Maximization of hydrogen peroxide utilization in a proton exchange membrane H 2 O 2 electrolyzer for efficient power-to-hydrogen conversion

A hydrogen peroxide electrolyzer (HPEL) is the workhorse for an energy storage system based on the H 2 O 2 electrochemical cycle. The high H 2 O 2 utilization towards power-to-hydrogen conversion in the HPEL is essential to ensure the efficiency and cyclability of the system. Unfortunately, the H 2 O 2 disproportionation at the anode and its crossover to the cathode in a proton exchange membrane (PEM) HPEL is detrimental to H 2 O 2 utilization and must be mitigated. This work investigates the effects of the catalyst type, anode catalyst loading, and PEM thickness on H 2 O 2 utilization in a PEM HPEL. The results show that the Co–N–C catalyst exhibits higher H 2 O 2 utilization than the Fe–N–C and Pt/C catalysts due to its higher selectivity towards the hydrogen peroxide oxidation reaction (HPOR) and the lesser H 2 O 2 disproportionation reaction (HPDR).

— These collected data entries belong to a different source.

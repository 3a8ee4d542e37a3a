-- ===== src/Syscall/Parts.antt =====
-- Each part of a syscall's words is read as it was written, and what is read keeps the promises of
-- its type (xous/xous-rs/src/syscall.rs).
use beet_core.Common.{ℕ, ◌%◌, ◌^◌, ◌≡◌, refl, arith, false, Option, none, some, ◌==◌}
use beet_core.Abi.Outcome.{ok}
use beet_core.Abi.Message.{MemoryRange, new_nonzero, get_or_zero}
use beet_core.Abi.Result.{Sid}
use beet_core.Abi.RoundTrip.{IsOptionNonZero, new_nonzero_lem}
use beet_core.Syscall.Words.{app_id_from, app_id_words, IsAppId, AppId, to_le_bytes-from_le_bytes}
use beet_core.Syscall.Call.{IsPid, IsOptionPid, IsSid, IsMemoryRange, IsStack, IsU32}
use beet_core.Syscall.Encode.{stack_addr, stack_len}
use beet_core.Syscall.Decode.{
  from_u32, pid_new, pid_from_usize, range_new, range_or_invalid, args_to_stack, to_u32,
}

pub u32_round : (n : ℕ) → IsU32 n → n % 2 ^ 32 ≡ n
u32_round n h = omega arith

pub sid_round : (sid : Sid) → IsSid sid → from_u32 sid.w0 sid.w1 sid.w2 sid.w3 ≡ sid
unfolding from_u32
sid_round sid (h0, h1, h2, h3) =
    rw (u32_round sid.w0 h0)
      (rw (u32_round sid.w1 h1) (rw (u32_round sid.w2 h2) (rw (u32_round sid.w3 h3) refl)))

pub from_u32-IsSid : (a b c d : ℕ) → IsSid (from_u32 a b c d)
unfolding from_u32
from_u32-IsSid a b c d = (omega arith, omega arith, omega arith, omega arith)

pub pid_round : (pid : ℕ) → IsPid pid → pid_new pid ≡ some pid
unfolding pid_new new_nonzero
pid_round pid h = ground (arith, h)

pub option_pid_round : (pid : Option ℕ) → IsOptionPid pid → pid_new (get_or_zero pid) ≡ pid
unfolding pid_new new_nonzero
option_pid_round none h = refl
option_pid_round (some pid) h = pid_round pid h

pub pid_new-IsOptionPid : (a : ℕ) → IsOptionPid (pid_new a)
unfolding pid_new new_nonzero
pid_new-IsOptionPid a = ground arith

pub pid_from_usize_round : (pid : ℕ) → IsPid pid → pid_from_usize pid ≡ ok pid
unfolding pid_from_usize
pid_from_usize_round pid h = ground (arith, pid_round pid h, h)

pub new_nonzero-IsOptionNonZero : (a : ℕ) → IsOptionNonZero (new_nonzero a)
unfolding new_nonzero
new_nonzero-IsOptionNonZero a = ground arith

pub range_round :
    (range : MemoryRange) → IsMemoryRange range → range_new range.addr range.size ≡ ok range
unfolding range_new
range_round range (ha, hs) =
    rw (new_nonzero_lem range.addr ha) (rw (new_nonzero_lem range.size hs) refl)

pub range_or_invalid_round :
    (range : MemoryRange) → IsMemoryRange range → range_or_invalid range.addr range.size ≡ ok range
unfolding range_or_invalid
range_or_invalid_round range h = rw (range_round range h) refl

pub stack_round :
    (stack : Option MemoryRange)
    → IsStack stack
    → args_to_stack (stack_addr stack) (stack_len stack) ≡ ok stack
unfolding args_to_stack
stack_round none h = refl
stack_round (some range) h =
    let nonzero : (range.addr == 0) ≡ false = ground (arith, h) in
    rw nonzero (rw (range_round range h) refl)

pub app_id_round :
    (id : AppId)
    → IsAppId id
    → app_id_from (app_id_words id).0 (app_id_words id).1 (app_id_words id).2 (app_id_words id).3
      ≡ id
unfolding app_id_from app_id_words
app_id_round id v = rw (to_le_bytes-from_le_bytes id.bytes0 v.at0) (
    rw (to_le_bytes-from_le_bytes id.bytes4 v.at4) (
      rw (to_le_bytes-from_le_bytes id.bytes8 v.at8)
        (rw (to_le_bytes-from_le_bytes id.bytes12 v.at12) refl)))

pub to_u32_round : (cid : ℕ) → IsU32 cid → to_u32 cid ≡ ok cid
unfolding to_u32
to_u32_round cid h = ground (arith, h)
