-- ===== src/Syscall/Query.antt =====
-- The questions that the kernel asks about a syscall, at the end of xous/xous-rs/src/syscall.rs.
use beet_core.Common.{Bool, true, false, not, Option, none, some}
use beet_core.Abi.Message.{
  MemoryRange, Message, mutable_borrow, borrow, move, scalar, blocking_scalar, is_blocking,
}
use beet_core.Syscall.Call.{SysCall}

-- `matches!(msg, Message::Move(_) | Message::Borrow(_) | Message::MutableBorrow(_))` and its parts
abbrev message_has_memory : Message → Bool
message_has_memory (mutable_borrow mm) = true
message_has_memory (borrow mm) = true
message_has_memory (move mm) = true
message_has_memory _ = false

abbrev message_is_move : Message → Bool
message_is_move (move mm) = true
message_is_move _ = false

abbrev message_is_borrow : Message → Bool
message_is_borrow (borrow mm) = true
message_is_borrow _ = false

abbrev message_is_mutableborrow : Message → Bool
message_is_mutableborrow (mutable_borrow mm) = true
message_is_mutableborrow _ = false

unfoldable pub has_memory : SysCall → Bool
has_memory (SysCall.try_send_message cid m) = message_has_memory m
has_memory (SysCall.send_message cid m) = message_has_memory m
has_memory (SysCall.return_memory sender buf offset valid) = true
has_memory _ = false

unfoldable pub is_move : SysCall → Bool
is_move (SysCall.try_send_message cid m) = message_is_move m
is_move (SysCall.send_message cid m) = message_is_move m
is_move _ = false

unfoldable pub is_borrow : SysCall → Bool
is_borrow (SysCall.try_send_message cid m) = message_is_borrow m
is_borrow (SysCall.send_message cid m) = message_is_borrow m
is_borrow _ = false

unfoldable pub is_mutableborrow : SysCall → Bool
is_mutableborrow (SysCall.try_send_message cid m) = message_is_mutableborrow m
is_mutableborrow (SysCall.send_message cid m) = message_is_mutableborrow m
is_mutableborrow _ = false

unfoldable pub is_return_memory : SysCall → Bool
is_return_memory (SysCall.return_memory sender buf offset valid) = true
is_return_memory _ = false

-- The memory of a message, and the message with other memory
abbrev message_buf : Message → Option MemoryRange
message_buf (mutable_borrow mm) = some mm.buf
message_buf (borrow mm) = some mm.buf
message_buf (move mm) = some mm.buf
message_buf _ = none

abbrev message_with_buf : Message → MemoryRange → Message
message_with_buf (mutable_borrow mm) new = mutable_borrow (record mm { buf = new })
message_with_buf (borrow mm) new = borrow (record mm { buf = new })
message_with_buf (move mm) new = move (record mm { buf = new })
message_with_buf (scalar sc) new = scalar sc
message_with_buf (blocking_scalar sc) new = blocking_scalar sc

unfoldable pub memory : SysCall → Option MemoryRange
memory (SysCall.try_send_message cid m) = message_buf m
memory (SysCall.send_message cid m) = message_buf m
memory (SysCall.return_memory sender range offset valid) = some range
memory (SysCall.flush_cache range op) = some range
memory _ = none

unfoldable pub replace_memory : SysCall → MemoryRange → SysCall
replace_memory (SysCall.try_send_message cid m) new =
    SysCall.try_send_message cid (message_with_buf m new)
replace_memory (SysCall.send_message cid m) new = SysCall.send_message cid (message_with_buf m new)
replace_memory (SysCall.return_memory sender range offset valid) new =
    SysCall.return_memory sender new offset valid
replace_memory (SysCall.flush_cache range op) new = SysCall.flush_cache new op
replace_memory call new = call

unfoldable pub can_call_from_interrupt : SysCall → Bool
can_call_from_interrupt (SysCall.try_send_message cid m) = not (is_blocking m)
can_call_from_interrupt (SysCall.try_connect sid) = true
can_call_from_interrupt (SysCall.free_interrupt irq) = true
can_call_from_interrupt (SysCall.claim_interrupt irq function argument) = true
can_call_from_interrupt (SysCall.try_receive_message sid) = true
can_call_from_interrupt (SysCall.return_scalar5 sender arg1 arg2 arg3 arg4 arg5) = true
can_call_from_interrupt (SysCall.return_scalar2 sender arg1 arg2) = true
can_call_from_interrupt (SysCall.return_scalar1 sender arg1) = true
can_call_from_interrupt (SysCall.return_memory sender buf offset valid) = true
can_call_from_interrupt (SysCall.map_memory phys virt size flags) = true
can_call_from_interrupt (SysCall.unmap_memory range) = true
can_call_from_interrupt (SysCall.post_event pid bits) = true
can_call_from_interrupt SysCall.poll_event = true
can_call_from_interrupt _ = false
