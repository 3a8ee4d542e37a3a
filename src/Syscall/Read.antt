-- ===== src/Syscall/Read.antt =====
-- What the kernel reads from words keeps the promises of its type
-- (xous/xous-rs/src/syscall.rs): no `PID` is 0 and no range is empty.
use beet_core.Common.{ℕ, ◌%◌, ◌^◌, ◌≢◌, arith, Option, none, some, ◌==◌, ltb, Bool-cases, inl, inr}
use beet_core.Abi.Error.{Error}
use beet_core.Abi.Outcome.{Outcome, ok, err, panic, ok_or}
use beet_core.Abi.After.{After, After-then}
use beet_core.Abi.Message.{
  MemoryRange, MemoryMessage, Message, mutable_borrow, borrow, move, new_nonzero, try_from,
  memory_from_usize, memory_parts, map_memory, Words6,
}
use beet_core.Abi.Result.{Words7}
use beet_core.Abi.RoundTrip.{IsOptionNonZero, IsMemoryMessage, IsMessage}
use beet_core.Syscall.Words.{app_id_from-IsAppId, IsAppId}
use beet_core.Syscall.Call.{IsU32, IsPid, IsMemoryRange, IsStack, ProcessInit}
use beet_core.Syscall.Decode.{
  args_to_thread, args_to_stack, process_try_from, range_new, range_or_invalid, or_invalid, pid_new,
  pid_from_usize,
}
use beet_core.Syscall.Parts.{new_nonzero-IsOptionNonZero}

-- What holds of a value that is there.
abbrev pub Every : {A : Type 0} → (A → Type 0) → Option A → Type 0
Every P none = Unit {0}
Every P (some a) = P a

pub cut_to_word : (a : ℕ) → IsU32 (a % 2 ^ 32)
cut_to_word a = omega arith

pub new_nonzero-After : (a : ℕ) (e : Error) → After (λ n. n ≢ 0) (ok_or (new_nonzero a) e)
unfolding new_nonzero
new_nonzero-After a e = ground arith

pub pid_new-After : (a : ℕ) (e : Error) → After IsPid (ok_or (pid_new a) e)
unfolding pid_new new_nonzero
pid_new-After a e = ground arith

pub pid_from_usize-After : (a : ℕ) → After IsPid (pid_from_usize a)
unfolding pid_from_usize
pid_from_usize-After a = elim (Bool-cases (ltb 255 a)) [
  | inl big ↦ rw big tt
  | inr small ↦ rw small (pid_new-After a _)
]

pub range_new-After : (a s : ℕ) → After IsMemoryRange (range_new a s)
unfolding range_new
range_new-After a s =
    After-then (λ n. n ≢ 0) IsMemoryRange (ok_or (new_nonzero a) _) _ (new_nonzero-After a _)
      (λ x hx.
        After-then (λ n. n ≢ 0) IsMemoryRange (ok_or (new_nonzero s) _) _ (new_nonzero-After s _)
          (λ y hy. (hx, hy)))

or_invalid-After :
    (out : Outcome MemoryRange) → After IsMemoryRange out → After IsMemoryRange (or_invalid out)
or_invalid-After (ok range) h = h
or_invalid-After (err e) h = tt
or_invalid-After panic h = tt

pub range_or_invalid-After : (a s : ℕ) → After IsMemoryRange (range_or_invalid a s)
unfolding range_or_invalid
range_or_invalid-After a s = or_invalid-After (range_new a s) (range_new-After a s)

args_to_stack-After : (a s : ℕ) → After IsStack (args_to_stack a s)
unfolding args_to_stack
args_to_stack-After a s = elim (Bool-cases (a == 0)) [
  | inl at ↦ rw at tt
  | inr off ↦
      rw off (After-then IsMemoryRange IsStack (range_new a s) _ (range_new-After a s) (λ x hx. hx))
]

pub args_to_thread-After : (w : Words7) → After (λ init. IsStack init.stack) (args_to_thread w)
unfolding args_to_thread
args_to_thread-After (a1, a2, a3, a4, a5, a6, a7) =
    After-then IsStack (λ init. IsStack init.stack) (args_to_stack a2 a3) _
      (args_to_stack-After a2 a3) (λ x hx. hx)

-- The promises of a process' initial values
abbrev pub IsProcessInit : ProcessInit → Type 0
IsProcessInit init = IsMemoryRange init.elf × (init.name_addr ≢ 0) × IsAppId init.app_id

pub process_try_from-After : (w : Words7) → After IsProcessInit (process_try_from w)
unfolding process_try_from
process_try_from-After (a0, a1, a2, a3, a4, a5, a6) =
    After-then IsMemoryRange IsProcessInit (range_new a0 a1) _ (range_new-After a0 a1) (λ x hx.
      After-then (λ n. n ≢ 0) IsProcessInit (ok_or (new_nonzero a6) _) _ (new_nonzero-After a6 _)
        (λ y hy. (hx, hy, app_id_from-IsAppId a2 a3 a4 a5)))

memory_parts-Every :
    (a s : Option ℕ) (id offset valid : ℕ)
    → IsOptionNonZero a
    → IsOptionNonZero s
    → Every IsMemoryMessage (memory_parts a s id offset valid)
memory_parts-Every none s id offset valid ha hs = tt
memory_parts-Every (some a) none id offset valid ha hs = tt
memory_parts-Every (some a) (some s) id offset valid ha hs = record {
  addr_nonzero = ha;
  size_nonzero = hs;
  offset_nonzero = new_nonzero-IsOptionNonZero offset;
  valid_nonzero = new_nonzero-IsOptionNonZero valid;
}

memory_from_usize-Every :
    (id addr size offset valid : ℕ)
    → Every IsMemoryMessage (memory_from_usize id addr size offset valid)
unfolding memory_from_usize
memory_from_usize-Every id addr size offset valid =
    memory_parts-Every (new_nonzero addr) (new_nonzero size) id offset valid
      (new_nonzero-IsOptionNonZero addr) (new_nonzero-IsOptionNonZero size)

map_memory-Every :
    (kind : MemoryMessage → Message) (o : Option MemoryMessage)
    → ((m : MemoryMessage) → IsMemoryMessage m → IsMessage (kind m))
    → Every IsMemoryMessage o
    → Every IsMessage (map_memory kind o)
map_memory-Every kind none k h = tt
map_memory-Every kind (some m) k h = k m h

pub try_from-Every : (w : Words6) → Every IsMessage (try_from w)
unfolding try_from
try_from-Every (tag, id, w2, w3, w4, w5) =
    let mem = memory_from_usize-Every id w2 w3 w4 w5 in
    elim (Bool-cases (tag == 1)) [
      | inl t ↦ rw t (map_memory-Every mutable_borrow _ (λ m v. v) mem)
      | inr n1 ↦ elim (Bool-cases (tag == 2)) [
        | inl t ↦ rw n1 (rw t (map_memory-Every borrow _ (λ m v. v) mem))
        | inr n2 ↦ elim (Bool-cases (tag == 3)) [
          | inl t ↦ rw n1 (rw n2 (rw t (map_memory-Every move _ (λ m v. v) mem)))
          | inr n3 ↦ elim (Bool-cases (tag == 4)) [
            | inl t ↦ rw n1 (rw n2 (rw n3 (rw t tt)))
            | inr n4 ↦ elim (Bool-cases (tag == 5)) [
              | inl t ↦ rw n1 (rw n2 (rw n3 (rw n4 (rw t tt))))
              | inr n5 ↦ rw n1 (rw n2 (rw n3 (rw n4 (rw n5 tt))))
            ]
          ]
        ]
      ]
    ]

Increasing the Co–N–C catalyst loading and PEM thickness can effectively inhibit the H 2 O 2 crossover and improve the H 2 O 2 utilization. On the other hand, the portion of the HPDR and the ohmic loss increase with the catalyst loading and PEM thickness, respectively. A maximum H 2 O 2 utilization of over 98% can be achieved by balancing these factors. These results provide valuable guides to the catalyst design and device optimization for efficient energy storage systems based on the electrochemical H 2 O 2 –H 2 cycle.